→ WHAT TO WORK ON
Please repeat the records exactly from their first line, finishing at the line containing "b.size - b.offset" and including it.

========

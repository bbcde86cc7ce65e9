-- ===== src/ByteArray/Faults.antt =====
-- src/bytearray.cpp: what goes wrong in setOffset, the read of no bytes, and the overwrite.
use native.Mathlib.Nat.{mod-lt, le_refl, div-add-mod', le-div_iff_mul-le}
use tigerkin.Prelude.{
  ℕ, zero, suc, ◌+◌, ◌-◌, ◌*◌, ◌/◌, ◌%◌, ◌^◌, ◌≤◌, ◌<◌, ◌≡◌, ap, ◌∙◌, inl, inr, false, List, [],
  ◌++◌, slice-splice, arith, length, ltb, le→ltb, ◌==◌, slice, get_elem?-some, All-get_elem?,
  IsChunked,
}
use tigerkin.ByteArray.{
  ByteArray, returns, done, ◌>>=◌, ◌>>◌, set_offset, walk, write, read, read_at, read_loop, enter,
  get_enable_read_size, sub_size,
}
use tigerkin.ByteArray.Invariant.{IsValid, memory}
use tigerkin.ByteArray.Writing.{index-lt, write-Writes, enter_stays, enter_moves, mod_unique}
use tigerkin.ByteArray.Offset.{moved, set_offset_lem, moved-IsValid}
use tigerkin.ByteArray.Reading.{read_loop-Reads}

-- Where a read begins, right or wrong.
abbrev begin : ByteArray → ℕ
begin b =
    enter b.nodes b.cur (b.offset % b.base_size) b.offset * b.base_size + b.offset % b.base_size

-- A read gives the bytes from where it begins.
read_from_begin :
    (n : ℕ) (b : ByteArray)
    → 0 < b.base_size
    → IsChunked b.base_size b.nodes
    → b.offset ≤ b.size
    → b.size < 2 ^ 64
    → 0 < n
    → n ≤ b.size - b.offset
    → begin b + n ≤ length b.nodes * b.base_size
    → (c : ByteArray) × (read n b ≡ returns (slice (begin b) n (memory b)) c)
unfolding read get_enable_read_size
read_from_begin n b base chunked within fits pos le room =
    let r = b.offset % b.base_size in
    let k = enter b.nodes b.cur r b.offset in
    let lt : r < b.base_size = mod-lt b.offset base in
    let (block, here) =
      get_elem?-some b.nodes k (index-lt b.base_size k r (length b.nodes) (omega arith)) in
    let full = All-get_elem? (λ c. length c ≡ b.base_size) b.nodes k block chunked here in
    let (j, got, _, _) =
      read_loop-Reads b.base_size n b.nodes k r (length block - r) n chunked (omega (arith, full))
        (omega (arith, full)) room (le_refl n) pos in
    let whole : read_at n b.offset b ≡ done (slice (begin b) n (memory b), j) =
      unfold read_at in rw (here, read_at) got in
    let enough : ltb (sub_size b.size b.offset) n ≡ false = le→ltb _ _ (omega arith) in
    let nonzero : (b.base_size == 0) ≡ false = ground (arith, base) in
    (record b { cur = j; offset = b.offset + n }, rw enough (rw nonzero (rw whole)))

one_below :
    (q base offset r : ℕ) → 0 < q → q * base + r ≡ offset → walk q * base + r ≡ offset - base
one_below zero base offset r pos e = absurd (omega arith)
one_below (suc q) base offset r pos e =
    let back : walk (suc q) ≡ q = omega arith in rw back (omega arith)

-- In a valid array, after setOffset to a place past the first block and inside a block, a read
-- of at least one byte up to the size gives the bytes that stand one block before the offset.
pub set_offset_misplaces :
    (offset n : ℕ) (b : ByteArray)
    → IsValid b
    → b.base_size < offset
    → 0 < offset % b.base_size
    → 0 < n
    → offset + n ≤ b.size
    → (c : ByteArray) × ((set_offset offset >> read n) b
        ≡ returns (slice (offset - b.base_size) n (memory b)) c)
set_offset_misplaces offset n b v far inside pos le =
    let q = offset / b.base_size in
    let e = div-add-mod' offset b.base_size in
    let q_pos : 0 < q = (le-div_iff_mul-le v.base_pos).1 (omega arith) in
    let stays = enter_stays b.nodes (walk q) (offset % b.base_size) offset (inr inside) in
    let keeps : (moved offset b).size ≡ b.size = ground (arith, le, pos) in
    let starts : begin (moved offset b) ≡ offset - b.base_size =
      ap (λ k. k * b.base_size + offset % b.base_size) stays
      ∙ one_below q b.base_size offset _ q_pos e in
    let (c, r) =
      read_from_begin n (moved offset b) v.base_pos v.chunked (rw keeps (omega arith))
        (rw keeps v.fits) pos (rw keeps (omega arith))
        (rw starts (omega (arith, v.room, v.filled))) in
    (
      c,
      rw (set_offset_lem offset b v (omega (arith, v.room)), ◌>>=◌)
          (r ∙ ap (λ p. returns (slice p n (memory b)) c) starts),
    )

-- A read of no bytes gives none, and yet moves the cursor as any read does.
read_nothing :
    (b : ByteArray)
    → IsValid b
    → enter b.nodes b.cur (b.offset % b.base_size) b.offset < length b.nodes
    → read 0 b
      ≡ returns [] (record b { cur = enter b.nodes b.cur (b.offset % b.base_size) b.offset })
unfolding read get_enable_read_size
read_nothing b v here =
    let r = b.offset % b.base_size in
    let k = enter b.nodes b.cur r b.offset in
    let (block, there) = get_elem?-some b.nodes k here in
    let whole : read_at 0 b.offset b ≡ done ([], k) =
      unfold read_at read_loop in rw (there, read_at) in
    let nonzero : (b.base_size == 0) ≡ false = ground (arith, v.base_pos) in
    let enough : ltb (sub_size b.size b.offset) 0 ≡ false = le→ltb _ _ (omega arith) in
    rw enough (
      rw nonzero (
        rw whole (
          ap (λ n. returns [] (record b { cur = k; offset = n })) {x = b.offset + 0} {y = b.offset}
            (omega arith))))

-- In a valid array whose cursor's node ends at the offset, a read of no bytes and then of at
-- least one gives the bytes that stand one block past the offset, if the size has bytes for the
-- read at the offset and the capacity one block further.
pub read_nothing_skips :
    (n : ℕ) (b : ByteArray)
    → IsValid b
    → b.offset ≡ (b.cur + 1) * b.base_size
    → 0 < n
    → b.offset + n ≤ b.size
    → b.offset + b.base_size + n ≤ b.capacity
    → (c : ByteArray) × ((read 0 >>= λ _. read n) b
        ≡ returns (slice (b.offset + b.base_size) n (memory b)) c)
read_nothing_skips n b v edge pos le room =
    let z = mod_unique b.offset b.base_size (b.cur + 1) 0 (omega (arith, edge)) v.base_pos in
    let r = b.offset % b.base_size in
    let more : b.cur + 1 < length b.nodes =
      index-lt b.base_size (b.cur + 1) 0 (length b.nodes) (omega (arith, v.filled)) in
    let more' : b.cur + 1 + 1 < length b.nodes =
      index-lt b.base_size (b.cur + 1 + 1) 0 (length b.nodes) (omega (arith, v.filled)) in
    let steps = enter_moves b.nodes b.cur r b.offset z (omega (arith, edge, v.base_pos)) more in
    let b' = record b { cur = b.cur + 1 } in
    let first : read 0 b ≡ returns [] b' =
      (read_nothing b v (rw steps more)) ∙ ap (λ k. returns [] (record b { cur = k })) steps in
    let starts : begin b' ≡ b.offset + b.base_size =
      ap (λ k. k * b.base_size + r)
        (enter_moves b.nodes (b.cur + 1) r b.offset z (omega (arith, edge, v.base_pos)) more')
      ∙ omega (arith, z, edge) in
    let (c, got) =
      read_from_begin n b' v.base_pos v.chunked v.within v.fits pos (omega arith)
        (rw starts (omega (arith, v.filled))) in
    (c, rw (first, ◌>>=◌) (got ∙ ap (λ p. returns (slice p n (memory b)) c) starts))

-- In a valid array whose size stays below 2^64, a write at offset 0 puts the buffer there and
-- moves the offset by its length, and the size grows by that length too, also where the bytes
-- were there before.
pub write_over_grows :
    (buf : List ℕ) (b : ByteArray)
    → IsValid b
    → b.size + length buf < 2 ^ 64
    → (c : ByteArray) × ((set_offset 0 >> write buf) b ≡ returns tt c)
      × (c.offset ≡ length buf)
      × (c.size ≡ b.size + length buf)
      × (slice 0 (length buf) (memory c) ≡ buf)
write_over_grows buf b v fits =
    let w = moved-IsValid 0 b v (omega arith) (omega arith) (inl v.base_pos) in
    let (c, e, o) = write-Writes buf (moved 0 b) w (ground (arith, fits)) in
    (
      c,
      rw (set_offset_lem 0 b v (omega arith), ◌>>=◌) e,
      omega (arith, o.offset_eq),
      ground (arith, o.size_eq),
      ap (slice 0 (length buf)) o.memory_eq ∙ slice-splice (memory b ++ o.more) 0 buf (omega arith),
    )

========

→ ANSWER TO THIS EXERCISE
repository bbcde86cc7ce65e9
-- ===== src/ByteArray/Faults.antt =====
-- src/bytearray.cpp: what goes wrong in setOffset, the read of no bytes, and the overwrite.
use native.Mathlib.Nat.{mod-lt, le_refl, div-add-mod', le-div_iff_mul-le}
use tigerkin.Prelude.{
  ℕ, zero, suc, ◌+◌, ◌-◌, ◌*◌, ◌/◌, ◌%◌, ◌^◌, ◌≤◌, ◌<◌, ◌≡◌, ap, ◌∙◌, inl, inr, false, List, [],
  ◌++◌, slice-splice, arith, length, ltb, le→ltb, ◌==◌, slice, get_elem?-some, All-get_elem?,
  IsChunked,
}
use tigerkin.ByteArray.{
  ByteArray, returns, done, ◌>>=◌, ◌>>◌, set_offset, walk, write, read, read_at, read_loop, enter,
  get_enable_read_size, sub_size,
}
use tigerkin.ByteArray.Invariant.{IsValid, memory}
use tigerkin.ByteArray.Writing.{index-lt, write-Writes, enter_stays, enter_moves, mod_unique}
use tigerkin.ByteArray.Offset.{moved, set_offset_lem, moved-IsValid}
use tigerkin.ByteArray.Reading.{read_loop-Reads}

-- Where a read begins, right or wrong.
abbrev begin : ByteArray → ℕ
begin b =
    enter b.nodes b.cur (b.offset % b.base_size) b.offset * b.base_size + b.offset % b.base_size

-- A read gives the bytes from where it begins.
read_from_begin :
    (n : ℕ) (b : ByteArray)
    → 0 < b.base_size
    → IsChunked b.base_size b.nodes
    → b.offset ≤ b.size
    → b.size < 2 ^ 64
    → 0 < n
    → n ≤ b.size - b.offset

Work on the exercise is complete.